#### ABOUT THIS EXERCISE:
One part of the entries below is wanted: the lines from the one containing "decoded-word-InEx v w front" through the one containing "let x = read l.rf i.rs1 in". Write those out exactly and nothing else.

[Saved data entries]
◆ ◆ ◆
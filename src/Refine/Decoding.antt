-- ===== src/Refine/Decoding.antt =====
-- EX holds the word that DECODE held, or a bubble, and in front of it stands what FETCH brought.
use cpu_sim.Base.{
  and-left, ℕ, ◌≡◌, inl, inr, refl, sym, ap, ◌∙◌, Bool, Bool-cases, true, false, Option, some, ◌&&◌,
}
use cpu_sim.Isa.Decoder.{decode}
use cpu_sim.Memory.Interface.{IMemory}
use cpu_sim.RegFile.{RegFile, read}
use cpu_sim.Predictor.{BranchPredictor}
use cpu_sim.Pipeline.Regs.{IfId, IdEx, MemWb, id_ex_bubble, if_id_bubble}
use cpu_sim.Pipeline.Decode.{decoded}
use cpu_sim.Pipeline.Execute.{executed, actual_taken, next_pc, is_jalr, differs}
use cpu_sim.Pipeline.Hazard.LoadUse.{evaluate-decode}
use cpu_sim.Arch.{Arch, halts, step}
use cpu_sim.Refine.Latched.{
  Latched, operand, first, second, redirects, waits, advanced, committed, trained,
}
use cpu_sim.Refine.Claims.{InFront, InEx, Follows, plain, ahead}
use cpu_sim.Refine.Step.{source_one, source_two, moved, step-parts}
use cpu_sim.Refine.Front.{bubble-InFront}
use cpu_sim.Refine.Executing.{next_pc-ahead}
use cpu_sim.Refine.Entering.{Settled, bubble-InEx, entering-operand, follows-pc}

equal-differs : (a b : Bool) → differs a b ≡ false → a ≡ b
equal-differs true true h = refl
equal-differs true false h = cc
equal-differs false true h = cc
equal-differs false false h = refl

module _ (I D S : IMemory) (view : D.State → S.State) (Holds : I.State → Type 0)
    (code : ℕ → Option ℕ) (Guides : Option BranchPredictor → Type 0) where
  -- The word `raw` in EX, decoded with the values `x` and `y`.
  abbrev pub word : ℕ → ℕ → ℕ → ℕ → Bool → IdEx
  word raw pc x y p = record (plain raw pc) { rs1_val = x; rs2_val = y; predicted_taken = p }

  decoded-word :
      (rf : RegFile) (i : IfId)
      → i.valid ≡ true
      → decoded rf i
        ≡ word i.raw i.pc
            (read rf (decode i.raw i.pc).rs1)
            (read rf (decode i.raw i.pc).rs2)
            i.predicted_taken
  unfolding decoded plain
  decoded-word rf i v = rw v refl

  decoded-bubble : (rf : RegFile) (i : IfId) → i.valid ≡ false → (decoded rf i).valid ≡ false
  unfolding decoded
  decoded-bubble rf i n = rw n refl

  step-ahead :
      (u v : Arch S) (raw a b : ℕ) (p : Bool)
      → code u.pc ≡ some raw
      → halts (decode raw u.pc).op ≡ false
      → step S code u ≡ some v
      → a ≡ source_one S u raw
      → b ≡ source_two S u raw
      → actual_taken (plain raw u.pc) a b ≡ p
      → (p ≡ true → is_jalr (decode raw u.pc).op ≡ false)
      → v.pc ≡ ahead raw u.pc p
  unfolding moved
  step-ahead u v raw a b p c n e ea eb t j =
      let (wb2, m2, x, mv) = step-parts S code u raw c n e in
      sym (ap {A = Arch S} (λ s. s.pc) mv)
      ∙ next_pc-ahead raw u.pc (source_one S u raw) (source_two S u raw) p
          (ap (λ a. actual_taken (plain raw u.pc) a (source_two S u raw)) (sym ea)
            ∙ ap (λ b. actual_taken (plain raw u.pc) a b) (sym eb)
            ∙ t)
          j

  word-in_front :
      (k : IdEx) (u v : Arch S) (raw x y : ℕ) (p : Bool)
      → k ≡ word raw u.pc x y p
      → code u.pc ≡ some raw
      → (p ≡ true → is_jalr (decode raw u.pc).op ≡ false)
      → Follows I D S view Holds code Guides k.valid k.op u v
      → (k.valid ≡ true → actual_taken k (read u.rf k.rs1) (read u.rf k.rs2) ≡ k.predicted_taken)
      → v.pc ≡ ahead raw u.pc p
  unfolding plain actual_taken
  word-in_front k u v raw x y p e c j (inl (n, _)) taken = cc
  word-in_front k u v raw x y p e c j (inr (w, n, st)) taken =
      let a = read u.rf k.rs1 in
      let b = read u.rf k.rs2 in
      step-ahead u v raw a b p c (ap halts (ap {A = IdEx} (λ i. i.op) (sym e)) ∙ n) st
        (ap {A = IdEx} (λ i. read u.rf i.rs1) e) (ap {A = IdEx} (λ i. read u.rf i.rs2) e)
        (ap {A = IdEx} (λ i. actual_taken i a b) (sym e)
          ∙ taken w
          ∙ ap {A = IdEx} (λ i. i.predicted_taken) e)
        j

  word-InEx :
      (k : Latched I D) (u : Arch S) (raw x y : ℕ) (p : Bool)
      → k.ex ≡ word raw u.pc x y p
      → code u.pc ≡ some raw
      → operand I D k (decode raw u.pc).rs1 x ≡ source_one S u raw
      → operand I D k (decode raw u.pc).rs2 y ≡ source_two S u raw
      → (p ≡ true → is_jalr (decode raw u.pc).op ≡ false)
      → ((v : Arch S)
          → v.pc ≡ ahead raw u.pc p
          → InFront I D S view Holds code Guides k.front k.pc v)
      → InEx I D S view Holds code Guides k u
  unfolding plain operand
  word-InEx k u raw x y p e c o1 o2 j g = record {
    ex_code = λ _. rw e c;
    ex_eq = λ _. rw e refl;
    first_eq = λ _. rw e o1;
    second_eq = λ _. rw e o2;
    ex_jalr = λ _ t. rw e (j (ap {A = IdEx} (λ i. i.predicted_taken) (sym e) ∙ t));
    in_front = λ v f taken. g v (word-in_front k.ex u v raw x y p e c j f taken);
  }

  module _ (l : Latched I D) (wb : MemWb) (t u : Arch S) (h : InEx I D S view Holds code Guides l t)
      (r : Settled I D S view Holds code Guides l wb t)
      (f : Follows I D S view Holds code Guides l.ex.valid l.ex.op t u) where
    -- When EX does not redirect, the front is that of the state behind its instruction.
    kept-InFront : redirects I D l ≡ false → InFront I D S view Holds code Guides l.front l.pc u
    unfolding redirects
    kept-InFront n = h.in_front u f (λ v. kept-taken v n)
      where
        kept-taken :
            l.ex.valid ≡ true
            → redirects I D l ≡ false
            → actual_taken l.ex (read t.rf l.ex.rs1) (read t.rf l.ex.rs2) ≡ l.ex.predicted_taken
        kept-taken v n =
            ap (λ a. actual_taken l.ex a (read t.rf l.ex.rs2)) (sym (h.first_eq v))
            ∙ ap (λ b. actual_taken l.ex (first I D l) b) (sym (h.second_eq v))
            ∙ equal-differs (actual_taken l.ex (first I D l) (second I D l)) l.ex.predicted_taken (
                sym (
                  ap
                    (λ b.
                      b
                      && differs (actual_taken l.ex (first I D l) (second I D l))
                          l.ex.predicted_taken)
                    v)
                ∙ n)

    -- The operands of the word in DECODE, when it does not wait for a load.
    decoding-operand :
        waits I D l ≡ false
        → (operand I D
              (record l { prev = l.wb; wb = wb; mem = executed l.ex (first I D l) (second I D l) })
              (decode l.front.raw l.front.pc).rs1
              (read l.rf (decode l.front.raw l.front.pc).rs1)
            ≡ read u.rf (decode l.front.raw l.front.pc).rs1)
          × (operand I D
                (record l {
                  prev = l.wb;
                  wb = wb;
                  mem = executed l.ex (first I D l) (second I D l);
                })
                (decode l.front.raw l.front.pc).rs2
                (read l.rf (decode l.front.raw l.front.pc).rs2)
              ≡ read u.rf (decode l.front.raw l.front.pc).rs2)
    unfolding waits operand
    decoding-operand n =
        let free =
          evaluate-decode (record { reg = l.front; shadow = l.front })
            (record { reg = l.ex; shadow = l.ex }) n in
        (
          entering-operand I D S view Holds code Guides l wb t u h r f
              (decode l.front.raw l.front.pc).rs1 (λ v o z. (free v o z).0),
          entering-operand I D S view Holds code Guides l wb t u h r f
              (decode l.front.raw l.front.pc).rs2 (λ v o z. (free v o z).1),
        )

    module _ (imem : I.State) (dmem : D.State) (fetched : IfId) (next : ℕ) where
      -- The cycle, with what it leaves in the first stages.
      abbrev after : IdEx → IfId → ℕ → Latched I D
      after ex front pc = record {
        imem = I.tick imem;
        dmem = D.tick dmem;
        rf = committed I D l;
        bpred = trained I D l;
        wb = wb;
        prev = l.wb;
        mem = executed l.ex (first I D l) (second I D l);
        ex = ex;
        front = front;
        pc = pc;
      }

      abbrev advanced_l : Latched I D
      advanced_l = advanced I D l imem dmem wb fetched next

      after-redirect :
          redirects I D l ≡ true
          → advanced_l ≡ after id_ex_bubble if_id_bubble (next_pc l.ex (first I D l) (second I D l))
      unfolding advanced
      after-redirect e = rw e refl

      after-wait :
          redirects I D l ≡ false
          → waits I D l ≡ true
          → advanced_l ≡ after id_ex_bubble l.front l.pc
      unfolding advanced
      after-wait e w = rw (e, w) refl

      after-decode :
          redirects I D l ≡ false
          → waits I D l ≡ false
          → advanced_l ≡ after (decoded l.rf l.front) fetched next
      unfolding advanced
      after-decode e w = rw (e, w) refl

      redirect-InEx : redirects I D l ≡ true → InEx I D S view Holds code Guides advanced_l u
      unfolding redirects
      redirect-InEx e =
          let pc = next_pc l.ex (first I D l) (second I D l) in
          rw (after-redirect e) (
            bubble-InEx I D S view Holds code Guides (after id_ex_bubble if_id_bubble pc) u refl (
              bubble-InFront I D S view Holds code Guides pc u (
                sym (
                  follows-pc I D S view Holds code Guides l wb t u h r f (
                    and-left l.ex.valid
                      (differs (actual_taken l.ex (first I D l) (second I D l))
                        l.ex.predicted_taken)
                      e)))))

      wait-InEx :
          redirects I D l ≡ false
          → waits I D l ≡ true
          → InEx I D S view Holds code Guides advanced_l u
      wait-InEx e w = rw (after-wait e w) (
          bubble-InEx I D S view Holds code Guides (after id_ex_bubble l.front l.pc) u refl
            (kept-InFront e))

      module _
          (behind : (v : Arch S)
            → v.pc ≡ l.pc
            → InFront I D S view Holds code Guides fetched next v) where
        decoded-word-InEx :
            l.front.valid ≡ true
            → waits I D l ≡ false
            → InFront I D S view Holds code Guides l.front l.pc u
            → InEx I D S view Holds code Guides (after (decoded l.rf l.front) fetched next) u
        unfolding operand
        decoded-word-InEx v w front =
            let raw = l.front.raw in
            let i = decode raw l.front.pc in
            let q = front.front_pc v in
            let p = l.front.predicted_taken in
            let k = after (decoded l.rf l.front) fetched next in
            let x = read l.rf i.rs1 in
            let y = read l.rf i.rs2 in
            let (o1, o2) = decoding-operand w in
            word-InEx k u raw x y p (decoded-word l.rf l.front v ∙ ap (λ pc. word raw pc x y p) q)
              (front.front_code v)
              (ap (λ pc. operand I D k (decode raw pc).rs1 x) (sym q)
                ∙ o1
                ∙ ap (λ pc. read u.rf (decode raw pc).rs1) q)
              (ap (λ pc. operand I D k (decode raw pc).rs2 y) (sym q)
                ∙ o2
                ∙ ap (λ pc. read u.rf (decode raw pc).rs2) q)
              (λ t. ap (λ pc. is_jalr (decode raw pc).op) (sym q) ∙ front.front_jalr v t)
              (λ z e. behind z (e ∙ ap (λ pc. ahead raw pc p) (sym q) ∙ sym (front.ahead_pc v)))

        decode-InEx :
            redirects I D l ≡ false
            → waits I D l ≡ false
            → InEx I D S view Holds code Guides advanced_l u
        decode-InEx e w = elim (Bool-cases l.front.valid) [
          | inl v ↦ rw (after-decode e w) (decoded-word-InEx v w (kept-InFront e))
          | inr n ↦ rw (after-decode e w) (
              bubble-InEx I D S view Holds code Guides (after (decoded l.rf l.front) fetched next) u
                (decoded-bubble l.rf l.front n) (behind u (sym ((kept-InFront e).idle_pc n))))
        ]

        -- Whatever the cycle brings into EX stands for the state behind the instruction that was there.
        pub advanced-InEx : InEx I D S view Holds code Guides advanced_l u
        advanced-InEx = elim (Bool-cases (redirects I D l)) [
          | inl e ↦ redirect-InEx e
          | inr e ↦ elim (Bool-cases (waits I D l)) [
            | inl w ↦ wait-InEx e w
            | inr w ↦ decode-InEx e w
          ]
        ]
◆ ◆ ◆
#### ANSWER SPACE:
        decoded-word-InEx v w front =
            let raw = l.front.raw in
            let i = decode raw l.front.pc in
            let q = front.front_pc v in
            let p = l.front.predicted_taken in
            let k = after (decoded l.rf l.front) fetched next in
            let x = read l.rf i.rs1 in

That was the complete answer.